Out of Left Field Page 4
“Shaved it. Leave Jesus out of it, okay?”
Our old routine feels oddly comforting: me, son of a lapsed Catholic (Dad) and a sometime Unitarian (Mom) meets an observant Jew (Marty).
“But why—”
“Dad laid down the law: no ponytail at college interviews. I decided to save him some money, shaved it off myself.”
My jaw is still down around my waist. I think of my dad’s photo, after he cut his own hair. “Man, you look—”
“Naked. It’s all the rage. And who knew my ears were so prominent?” Marty rubs his head with both hands, as if he’s washing it.
“It’s not the rage at the ball park.” Dad loved the Sox this year, with their long hair and beards, their whole “idiot” routine—especially Arroyo, with his blond dreads.
Janine grabs me from behind. “You guys sound like girls! Do I get my hug now?” She holds me tight for a second.
Marty opens his arms to her. “My turn?”
“You wish.” Janine points to the kitchen. “Soup’s getting cold.”
I watch them bring the food to the table. Janine’s got more hair than any of the Sox, even Damon. Her braid nearly reaches her waist and red curls escape around her face. She’s studying filmmaking, but my guess is she’ll star in movies someday—especially with Aunt Cora’s drama connections. She’s too gorgeous to be on the wrong side of the camera lens—but I shouldn’t think that way about my own cousin. Leave that to Marty.

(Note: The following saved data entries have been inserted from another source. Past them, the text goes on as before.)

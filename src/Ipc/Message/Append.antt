-- ===== src/Ipc/Message/Append.antt =====
-- The appends of include/task/ipc/public/messages.hpp against the two lists that a message holds.
use project_dionysus.Base.{
  ℕ, zero, suc, ◌+◌, ◌-◌, ◌≤◌, ◌<◌, ◌≡◌, refl, ◌∙◌, ap, ◌&&◌, [], ◌∷◌, ◌++◌, Run, ok, ltb, leb,
  ◌==◌, if◌then◌else◌, arith, lt→ltb, Bool-cases, inl, inr,
}
use mathlib.Core.Path.{ap₂}
use mathlib.Core.List.{append_assoc}
use project_dionysus.Ipc.Tag.{
  untyped_count, typed_count, flags, label, count_untyped, count_typed, next_typed_pos,
  count_untyped_fields, count_typed_fields, count_untyped_wraps,
}
use project_dionysus.Ipc.Message.{
  Message, tag, update, read, write, shift_up, write_untyped, append_untyped, append_single,
  append_double, segment, untyped_items, typed_items, put_single, at_single,
}

pub segment-eq :
    (f g : ℕ → ℕ) (n a b : ℕ)
    → ((k : ℕ) → k < n → f (a + k) ≡ g (b + k))
    → segment f a n ≡ segment g b n
segment-eq f g zero a b h = refl
segment-eq f g (suc n) a b h =
    ground (arith, h 0, segment-eq f g n (a + 1) (b + 1) (λ k lt. ground (arith, h (k + 1))))

segment-snoc : (f : ℕ → ℕ) (n a : ℕ) → segment f a (suc n) ≡ segment f a n ++ f (a + n) ∷ []
segment-snoc f zero a = ground arith
segment-snoc f (suc n) a =
    let e : a + 1 + n ≡ a + suc n = omega arith in
    ap (λ l. f a ∷ l) (segment-snoc f n (a + 1) ∙ ap (λ z. segment f (a + 1) n ++ f z ∷ []) e)

-- A list of registers that is grown by the register behind it.
segment-grow :
    (f g : ℕ → ℕ) (n c a item : ℕ)
    → ((k : ℕ) → k < n → f (a + k) ≡ g (a + k))
    → f (a + n) ≡ item
    → c ≡ n + 1
    → segment f a c ≡ segment g a n ++ item ∷ []
segment-grow f g n c a item same last count =
    let e : c ≡ suc n = omega arith in
    ap (segment f a) e
    ∙ segment-snoc f n a
    ∙ ap (λ l. l ++ f (a + n) ∷ []) (segment-eq f g n a a same)
    ∙ ap (λ x. segment g a n ++ x ∷ []) last

-- The loop moves the registers from `i - n` to `i - 1` up by one.
shift_up-lem :
    (n i : ℕ) (m : Message)
    → n < i
    → i < 64
    → (m' : Message) × (shift_up n i m ≡ ok m')
      × ((k : ℕ) → m' k ≡ (if ltb (i - n) k && leb k i then m (k - 1) else m k))
unfolding shift_up read write
shift_up-lem zero i m lt room = (m, refl, λ k. ground arith)
shift_up-lem (suc n) i m lt room =
    let (m', eq, h) = shift_up-lem n (i - 1) (update m i (m (i - 1))) (omega arith) (omega arith) in
    (
      m',
      rw (lt→ltb (i - 1) 64 (omega arith), lt→ltb i 64 (omega arith)) eq,
      λ k. h k ∙ ground arith,
    )

make_room : Message → Run Message
make_room m =
    if typed_count (tag m) == 0
    then ok m
    else shift_up (next_typed_pos (tag m) - (1 + untyped_count (tag m))) (next_typed_pos (tag m)) m

module _ (m : Message) (room : untyped_count (tag m) + typed_count (tag m) < 63) where
  abbrev u : ℕ
  u = untyped_count (tag m)

  abbrev t : ℕ
  t = typed_count (tag m)

  -- The typed items move up by one register, and the rest stays.
  make_room-lem :
      (m' : Message) × (make_room m ≡ ok m')
      × ((k : ℕ) → k ≤ u → m' k ≡ m k)
      × ((k : ℕ) → u < k → k ≤ u + t → m' (k + 1) ≡ m k)
  unfolding make_room next_typed_pos
  make_room-lem = elim (Bool-cases (t == 0)) [
    | inl none_typed ↦ (m, rw none_typed, λ k h. refl, λ k a b. absurd (ground arith))
    | inr some_typed ↦
        let (m', eq, h) =
          shift_up-lem (1 + u + t - (1 + u)) (1 + u + t) m (omega arith) (omega arith) in
        (m', rw some_typed eq, λ k le. h k ∙ ground arith, λ k a b. h (k + 1) ∙ ground arith)
  ]

  -- Appending an untyped word to a message with room puts it behind the untyped words and
  -- leaves the typed items, the flags and the label as they were.
  pub append_untyped_snoc :
      (item : ℕ)
      → (m' : Message) × (append_untyped item m ≡ ok m')
        × (untyped_items m' ≡ untyped_items m ++ item ∷ [])
        × (typed_items m' ≡ typed_items m)
        × (flags (tag m') ≡ flags (tag m))
        × (label (tag m') ≡ label (tag m))
  unfolding append_untyped write_untyped write make_room
  append_untyped_snoc item =
      let (m1, eq, low, high) = make_room-lem in
      let t1 = count_untyped (tag m) in
      let m2 : Message = update (update m1 0 t1) (u + 1) item in
      let (hu, ht, hf, hl) = count_untyped_fields (tag m) (omega arith) in
      let same_tag : tag m1 ≡ tag m = low 0 (omega arith) in
      let new_tag : tag m2 ≡ t1 = ground arith in
      (
        m2,
        rw eq (rw (same_tag, hu, lt→ltb (u + 1) 64 (omega arith))),
        segment-grow m2 m u (untyped_count (tag m2)) 1 item (λ k lt. ground (arith, low (1 + k)))
            (ground arith) (ap untyped_count new_tag ∙ hu),
        ap₂ (λ a b. segment m2 (1 + a) b) (ap untyped_count new_tag ∙ hu)
              (ap typed_count new_tag ∙ ht)
            ∙ segment-eq m2 m t (1 + (u + 1)) (1 + u) (λ k lt. ground (arith, high (1 + u + k))),
        ap flags new_tag ∙ hf,
        ap label new_tag ∙ hl,
      )

  -- Appending a one-word item to a message with room puts it behind the typed words.
  pub append_single_snoc :
      (raw : ℕ)
      → (m' : Message) × (append_single raw m ≡ ok m')
        × (typed_items m' ≡ typed_items m ++ raw ∷ [])
        × (untyped_items m' ≡ untyped_items m)
        × (tag m' ≡ count_typed (tag m))
  unfolding append_single write next_typed_pos
  append_single_snoc raw =
      let m2 : Message = update (update m (1 + u + t) raw) 0 (count_typed (tag m)) in
      let (ht, hu, hf, hl) = count_typed_fields (tag m) (omega arith) in
      let same_tag : update m (1 + u + t) raw 0 ≡ tag m = ground arith in
      let start : 1 + untyped_count (tag m2) ≡ 1 + u = omega (arith, hu) in
      (
        m2,
        rw (lt→ltb (1 + u + t) 64 (omega arith)) (rw same_tag),
        ap (λ a. segment m2 a (typed_count (tag m2))) start
            ∙ segment-grow m2 m t (typed_count (tag m2)) (1 + u) raw (λ k lt. ground arith)
                (ground arith) ht,
        ap (segment m2 1) hu ∙ segment-eq m2 m u 1 1 (λ k lt. ground arith),
        refl,
      )

-- Appending a two-word item to a message with room for two puts both words behind the typed
-- words, in order.
pub append_double_snoc :
    (raw0 raw1 : ℕ) (m : Message)
    → untyped_count (tag m) + typed_count (tag m) < 62
    → (m' : Message) × (append_double raw0 raw1 m ≡ ok m')
      × (typed_items m' ≡ typed_items m ++ raw0 ∷ raw1 ∷ [])
      × (untyped_items m' ≡ untyped_items m)
unfolding append_double
append_double_snoc raw0 raw1 m room =
    let (m1, eq1, t1, u1, tag1) = append_single_snoc m (omega arith) raw0 in
    let (ht, hu, hf, hl) = count_typed_fields (tag m) (omega arith) in
    let room1 : untyped_count (tag m1) + typed_count (tag m1) < 63 = ground (arith, tag1, ht, hu) in
    let (m2, eq2, t2, u2, tag2) = append_single_snoc m1 room1 raw1 in
    (
      m2,
      rw eq1 eq2,
      t2 ∙ ap (λ l. l ++ raw1 ∷ []) t1 ∙ append_assoc (typed_items m) (raw0 ∷ []) (raw1 ∷ []),
      u2 ∙ u1,
    )

-- A message that is full of untyped words has no room check: the count wraps around, and the
-- appended word becomes the tag.
pub append_untyped_overflow :
    (item : ℕ) (m : Message)
    → untyped_count (tag m) ≡ 63
    → typed_count (tag m) ≡ 0
    → (m' : Message) × (append_untyped item m ≡ ok m') × (tag m' ≡ item)
unfolding append_untyped write_untyped write
append_untyped_overflow item m hu ht =
    let wraps = count_untyped_wraps (tag m) hu in
    (update (update m 0 (count_untyped (tag m))) 0 item, rw ht (rw wraps), refl)

-- What `put` writes for a one-word item, `at` reads at the next index; at the same index `at`
-- reads the register before.
pub at_single-put_single :
    (raw index : ℕ) (m : Message)
    → untyped_count (tag m) + index + 1 < 64
    → (m' : Message) × (put_single raw index m ≡ ok m')
      × (at_single (index + 1) m' ≡ ok raw)
      × (at_single index m' ≡ ok (m (untyped_count (tag m) + index)))
unfolding at_single put_single read write
at_single-put_single raw index m room =
    let n = untyped_count (tag m) + index + 1 in
    let same_tag : update m n raw 0 ≡ tag m = ground arith in
    (update m n raw, rw (lt→ltb n 64 room), rw same_tag (ground arith), rw same_tag (ground arith))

We sit. I bite into the bagel, sip the soup—“Where’d you find cilantro?”—then notice they’re both waiting. I set the spoon down. “I forget something? Grace?”
Marty frowns. Janine clears her throat. “Mom was upset last night. Said you had something to tell me.”
“Your words to me exactly.” Marty taps his fingers on the table. “It better be good. I cut out of class early.”
Like Marty needs extra math credits. I take a deep breath. “Okay. Here goes.”
Three Strikes and You’re Out
I give it to them straight, without much detail. Janine’s eyes are glassy and Marty picks at a stray thread on the place mat. It’s quiet for a long time. A siren wails outside. The cat stares out the window from her perch near the plants. The end of her tail twitches.
“A real conversation stopper,” I say.
“No kidding,” Marty says. “Lots of people have half brothers and sisters, but not secret ones. I can’t believe he never told you.”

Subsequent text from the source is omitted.